Flaming Creatures, 1963, Jack Smith (Kadervergrößerung ÖFM)

Jack Smith: Flaming Creature

November 16 to 29, 2012

 

During his lifetime, Jack Smith (1932-1989) epitomized the notion of the "underground” artist. Almost a quarter-century after his death, however, he can be considered one of the decisive figures in the history of post-war art: a "failure" according to the benchmarks of the art market and the culture industry, but endlessly influential if one considers the artistic practices, discourses and genealogies highlighted by his work – from 1960s New American Cinema to contemporary Queer Culture, from the transformation of the avant-garde through an aesthetic of "camp" and inverted glamour to the history of performance art. 
 
As part of the Vienna Art Week 2012 and with the collaboration of several guests, this series of 16 programs explores the cosmos of Jack Smith as a filmmaker and actor, as a performer and cinephile. In many film histories, Smith’s oeuvre has been reduced to a single film: Flaming Creatures (1962/1963), a key work of modern cinema and the focus of one of the great art scandals and censorship cases of the 1960s.
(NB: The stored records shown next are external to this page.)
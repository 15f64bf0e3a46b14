-- ===== src/Trigger/Steps.antt =====
-- The block ubx/trig: trig_start, trig_step and trig_stop of std_blocks/trig/trig.c. Writing and
-- logging statistics when it is stopped is output.
use microblx.Base.{
  ℕ, zero, suc, ◌<◌, ◌≡◌, refl, sym, ap, ◌∙◌, Bool, not, Option, none, some, List, [], ◌∷◌, length,
  get_elem?, get_elem?-found, none_ne_some, some_eq, subst, Bool-cases, inl, inr, ◌⊎◌, ◌||◌, set,
  All, arith, ltb,
}
use microblx.Base.Int.{ℤ, pos, negsuc, ltb_ℤ, eqb_ℤ}
use microblx.Time.{Timespec}
use microblx.Store.{CStr, World, Block}
use microblx.Store.Hash.{Uthash}
use microblx.Access.{read_one}
use microblx.Lifecycle.{Hooks}
use microblx.Trigger.{Tstat, Triggee, Chain, common_read_actchain}
use microblx.Trigger.Chains.{Run, PortIo, write_tstat, chain_trigger, trig_blocks}
use microblx.Trigger.Ready.{Ready, Sendable}
use microblx.Trigger.Modes.{IsMode, chain_trigger-Goes}
use microblx.Trigger.Common.{Settings, common_config_chains, common_unconfig}

-- `struct block_info`; `num_chains` is the length of the list.
pub record TrigInfo : Type 0 where
  pub chains : List Chain
  pub actchain : ℤ
  pub p_actchain : ℕ

unfoldable pub trig_start :
    (ℕ → Option Block) → (ℕ → Bool) → Settings → TrigInfo → Option (ℤ × TrigInfo)
trig_start blocks got s inf = elim (common_config_chains blocks got s 0 inf.chains) [
  | none ↦ none
  | some (ret, chains) ↦ some (ret, record inf { chains = chains })
]

unfoldable pub trig_stop : TrigInfo → Option TrigInfo
trig_stop inf = elim (common_unconfig inf.chains) [
  | none ↦ none
  | some chains ↦ some (record inf { chains = chains })
]

-- The chain with an int as its index: no chain is there below 0.
abbrev pub chain_at : List Chain → ℤ → Option Chain
chain_at chains (pos i) = get_elem? chains i
chain_at chains (negsuc i) = none

abbrev pub put_chain : List Chain → ℤ → Chain → List Chain
put_chain chains (pos i) chain = set chains i chain
put_chain chains (negsuc i) chain = chains

-- "int"
abbrev pub int_type : CStr
int_type = 105 ∷ 110 ∷ 116 ∷ []

module _ {T : Type 0} ⦃u : Uthash T⦄ (hooks : Hooks T) (io : PortIo T) where
  -- `read_int`: the result, and what the int is then.
  unfoldable pub read_int : ℕ → World T → Option (ℤ × ℤ × World T)
  read_int port w = elim (io.port_at w port) [
    | none ↦ none
    | some p ↦ elim (read_one hooks io.int_static int_type io.int_local (some p) io.int_unset w) [
      | none ↦ none
      | some (ret, bytes, w') ↦ some (ret, io.int_of bytes, w')
    ]
  ]

  module _ (clock : ℕ → Timespec) where
    -- `trig_step`; the code of the chain is only reported.
    unfoldable pub trig_step : TrigInfo → Run T → Option (TrigInfo × Run T)
    trig_step inf run = elim (read_int inf.p_actchain run.world) [
      | none ↦ none
      | some (ret, tmp, w) ↦
          let act = common_read_actchain ret tmp (pos (length inf.chains)) inf.actchain in
          elim (chain_at inf.chains act) [
            | none ↦ none
            | some chain ↦ elim (chain_trigger hooks io clock chain (record run { world = w })) [
              | none ↦ none
              | some (code, chain1, run1) ↦
                  some
                    (record inf { chains = put_chain inf.chains act chain1; actchain = act }, run1)
            ]
          ]
    ]

    -- A number of steps.
    abbrev pub trig_run : ℕ → TrigInfo → Run T → Option (TrigInfo × Run T)
    trig_run zero inf run = some (inf, run)
    trig_run (suc n) inf run = elim (trig_step inf run) [
      | none ↦ none
      | some (inf1, run1) ↦ trig_run n inf1 run1
    ]

-- What is read from the port does not lead out of the array.
common_read_actchain_lem :
    (ret tmp : ℤ) (n i : ℕ)
    → i < n
    → (j : ℕ) × (common_read_actchain ret tmp (pos n) (pos i) ≡ pos j) × (j < n)
unfolding common_read_actchain
common_read_actchain_lem ret (negsuc t) n i below = (i, ground arith, below)
common_read_actchain_lem ret (pos t) n i below =
    elim (Bool-cases (eqb_ℤ ret (pos 0) || ltb_ℤ ret (pos 0) || not (ltb t n))) [
      | inl e ↦ (i, ground (arith, e), below)
      | inr e ↦ (t, ground (arith, e), ground (arith, e))
    ]

module _ {ℓ κ} {A : Type ℓ} (P : A → Type κ) where
  All-get : (xs : List A) (i : ℕ) (x : A) → get_elem? xs i ≡ some x → All P xs → P x
  All-get [] i x e h = absurd (none_ne_some e)
  All-get (y ∷ xs) zero x e h = subst P (some_eq e) h.0
  All-get (y ∷ xs) (suc i) x e h = All-get xs i x e h.1

  All-set : (xs : List A) (i : ℕ) (x : A) → P x → All P xs → All P (set xs i x)
  All-set [] i x p h = tt
  All-set (y ∷ xs) zero x p h = (p, h.1)
  All-set (y ∷ xs) (suc i) x p h = (h.0, All-set xs i x p h.1)

length-set {ℓ} : {A : Type ℓ} (xs : List A) (i : ℕ) (x : A) → length (set xs i x) ≡ length xs
length-set [] i x = refl
length-set (y ∷ xs) zero x = refl
length-set (y ∷ xs) (suc i) x = omega (arith, length-set xs i x)

module _ {T : Type 0} ⦃u : Uthash T⦄ (hooks : Hooks T) (io : PortIo T) (clock : ℕ → Timespec)
    (P : World T → Type 0) where
  abbrev StepsAll : List Triggee → Type 0
  StepsAll ts =
      (cnt : ℕ) (w : World T)
      → P w
      → (ret : ℤ) × (w' : World T) × (trig_blocks hooks cnt ts (pos 0) w ≡ some (ret, w')) × P w'

  -- Every block of a chain can be stepped in the worlds of a kind, and leaves such a world.
  abbrev pub Steppable : Chain → Type 0
  Steppable c = StepsAll c.triggees

  -- The port can be read in such worlds, with whatever result, and reading it leaves such a world.
  abbrev pub Readable : ℕ → Type 0
  Readable port =
      (w : World T)
      → P w
      → (ret : ℤ) × (tmp : ℤ) × (w' : World T) × (read_int hooks io port w ≡ some (ret, tmp, w'))
        × P w'

  abbrev SendsTo : Option ℕ → Type 0
  SendsTo port =
      (p : ℕ)
      → port ≡ some p
      → (s : Tstat) (w : World T) → P w
      → (w' : World T) × (write_tstat hooks io p s w ≡ some w') × P w'

  abbrev pub Sound : Chain → Type 0
  Sound c = Ready c × IsMode hooks io clock P c × Steppable c × Sendable hooks io P c

  -- The active chain is one that there is, all can be triggered, and the port can be read.
  pub record Triggers (inf : TrigInfo) : Type 0 where
    pub which : ℕ
    pub active : inf.actchain ≡ pos which
    pub there : which < length inf.chains
    pub each : All Sound inf.chains
    pub reads : Readable inf.p_actchain

  -- What is left of a trigger.
  abbrev GoesOn : Option (TrigInfo × Run T) → Type 0
  GoesOn out =
      (inf' : TrigInfo) × (run' : Run T) × (out ≡ some (inf', run')) × Triggers inf' × P run'.world

  trig_step_at :
      (ret tmp : ℤ) (inf : TrigInfo) (run : Run T) (w : World T) (j : ℕ) (chain : Chain) (code : ℤ)
      (chain1 : Chain) (run1 : Run T)
      → read_int hooks io inf.p_actchain run.world ≡ some (ret, tmp, w)
      → common_read_actchain ret tmp (pos (length inf.chains)) inf.actchain ≡ pos j
      → get_elem? inf.chains j ≡ some chain
      → chain_trigger hooks io clock chain (record run { world = w }) ≡ some (code, chain1, run1)
      → trig_step hooks io clock inf run
        ≡ some (record inf { chains = set inf.chains j chain1; actchain = pos j }, run1)
  unfolding trig_step
  trig_step_at ret tmp inf run w j chain code chain1 run1 read act at done =
      let there : chain_at inf.chains
            (common_read_actchain ret tmp (pos (length inf.chains)) inf.actchain)
          ≡ some chain =
        ap (chain_at inf.chains) act ∙ at in
      rw (trig_step, read, there, done)
        (ap
          (λ (a : ℤ).
            some (record inf { chains = put_chain inf.chains a chain1; actchain = a }, run1))
          act)

  trig_step-Triggers :
      (inf : TrigInfo) (run : Run T)
      → Triggers inf
      → P run.world
      → GoesOn (trig_step hooks io clock inf run)
  trig_step-Triggers inf run s kind =
      let (ret, tmp, w0, read, kind0) = s.reads run.world kind in
      let (j, act, below) = common_read_actchain_lem ret tmp (length inf.chains) s.which s.there in
      let act1 : common_read_actchain ret tmp (pos (length inf.chains)) inf.actchain ≡ pos j =
        rw s.active act in
      let (chain, at) = get_elem?-found inf.chains j below in
      let (ready, mode, steps, sends) = All-get Sound inf.chains j chain at s.each in
      let (code, w, out, kind1) = steps chain.every_cnt w0 kind0 in
      let (chain1, run1, done, sent, kind2, same, _, same_mode, same_port, ready1) =
        chain_trigger-Goes hooks io clock P chain (record run { world = w0 }) code w ready mode
          sends kind1 out in
      let mode1 : IsMode hooks io clock P chain1 =
        subst (λ (m : ℤ). (m ≡ pos 0) ⊎ (m ≡ pos 1) ⊎ (m ≡ pos 2)) (sym same_mode) mode in
      let steps1 : Steppable chain1 = subst StepsAll (sym same) steps in
      let sends1 : Sendable hooks io P chain1 = subst SendsTo (sym same_port) sends in
      (
        record inf { chains = set inf.chains j chain1; actchain = pos j },
        run1,
        trig_step_at ret tmp inf run w0 j chain code chain1 run1 read act1 at done,
        record {
          which = j;
          active = refl;
          there = omega (arith, below, length-set inf.chains j chain1);
          each = All-set Sound inf.chains j chain1 (ready1, mode1, steps1, sends1) s.each;
          reads = s.reads;
        },
        kind2,
      )

  -- When all chains are ready, in one of the modes, and the active chain is one of them, and when
  -- in the worlds of a kind their blocks can be stepped, statistics can be written to their ports
  -- and the port `active_chain` can be read, each of which leaves such a world, then the block
  -- can be stepped any number of times, whatever is read from that port, also numbers of chains
  -- that there are not: no step meets a fault or reads outside of the array of chains, and all of
  -- this holds again after them.
  pub trig_run-Triggers :
      (n : ℕ) (inf : TrigInfo) (run : Run T)
      → Triggers inf
      → P run.world
      → (inf' : TrigInfo) × (run' : Run T) × (trig_run hooks io clock n inf run ≡ some (inf', run'))
        × Triggers inf'
        × P run'.world
  trig_run-Triggers zero inf run s kind = (inf, run, refl, s, kind)
  trig_run-Triggers (suc n) inf run s kind =
      let (inf1, run1, out, s1, kind1) = trig_step-Triggers inf run s kind in
      let (inf2, run2, rest, s2, kind2) = trig_run-Triggers n inf1 run1 s1 kind1 in
      (inf2, run2, rw (trig_run, out) rest, s2, kind2)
Thanks to the extensive restorations undertaken by Jerry Tartaglia and the Plaster Foundation since the early 1990s, the full range of Smith’s “Secret Flix” can now be viewed in new and incredibly vibrant prints – Scotch Tape, Overstimulated, Reefers of the Technicolor Island, I Was A Male Yvonne de Carlo, to name only a few of the shorts, as well as the (almost-)features No President and Normal Love.
 
Many of these works remained in an unfinished state when Jack Smith passed away. But it is important to stress that his specific practice of “unfinishing” and constantly reediting footage is also at the core of his aesthetic. The films were often – and in multiple versions – used during Smith’s legendary theater and performance pieces which will be represented in this retrospective through lectures and rare documents. In addition, the show presents a number of his “star turns” in films by Andy Warhol, Ken Jacobs, Ron Rice and the Kuchar Brothers. Some of his "fetish films" (Rose Hobart by Joseph Cornell; Maria Montez in 1940s Technicolor; Marlene Dietrich directed by Josef von Sternberg), and films that demonstrate Smith's influence (from Fellini's Satyricon to early works by Werner Schroeter and John Waters) will also be shown. 
 
Guests and principal contributors to this program are film critic and historian J. Hoberman, on whose curatorial concept and research the show is based; Peter Kubelka, filmmaker and co-founder of the Austrian Film Museum who introduced Smith to Vienna audiences in the late 1960s; film scholar Marc Siegel, who in recent years has been responsible for several publications and events related to Jack Smith, and Diedrich Diedrichsen, professor at the Academy of Fine Arts in Vienna and author of numerous books and essays on post-war popular music and art.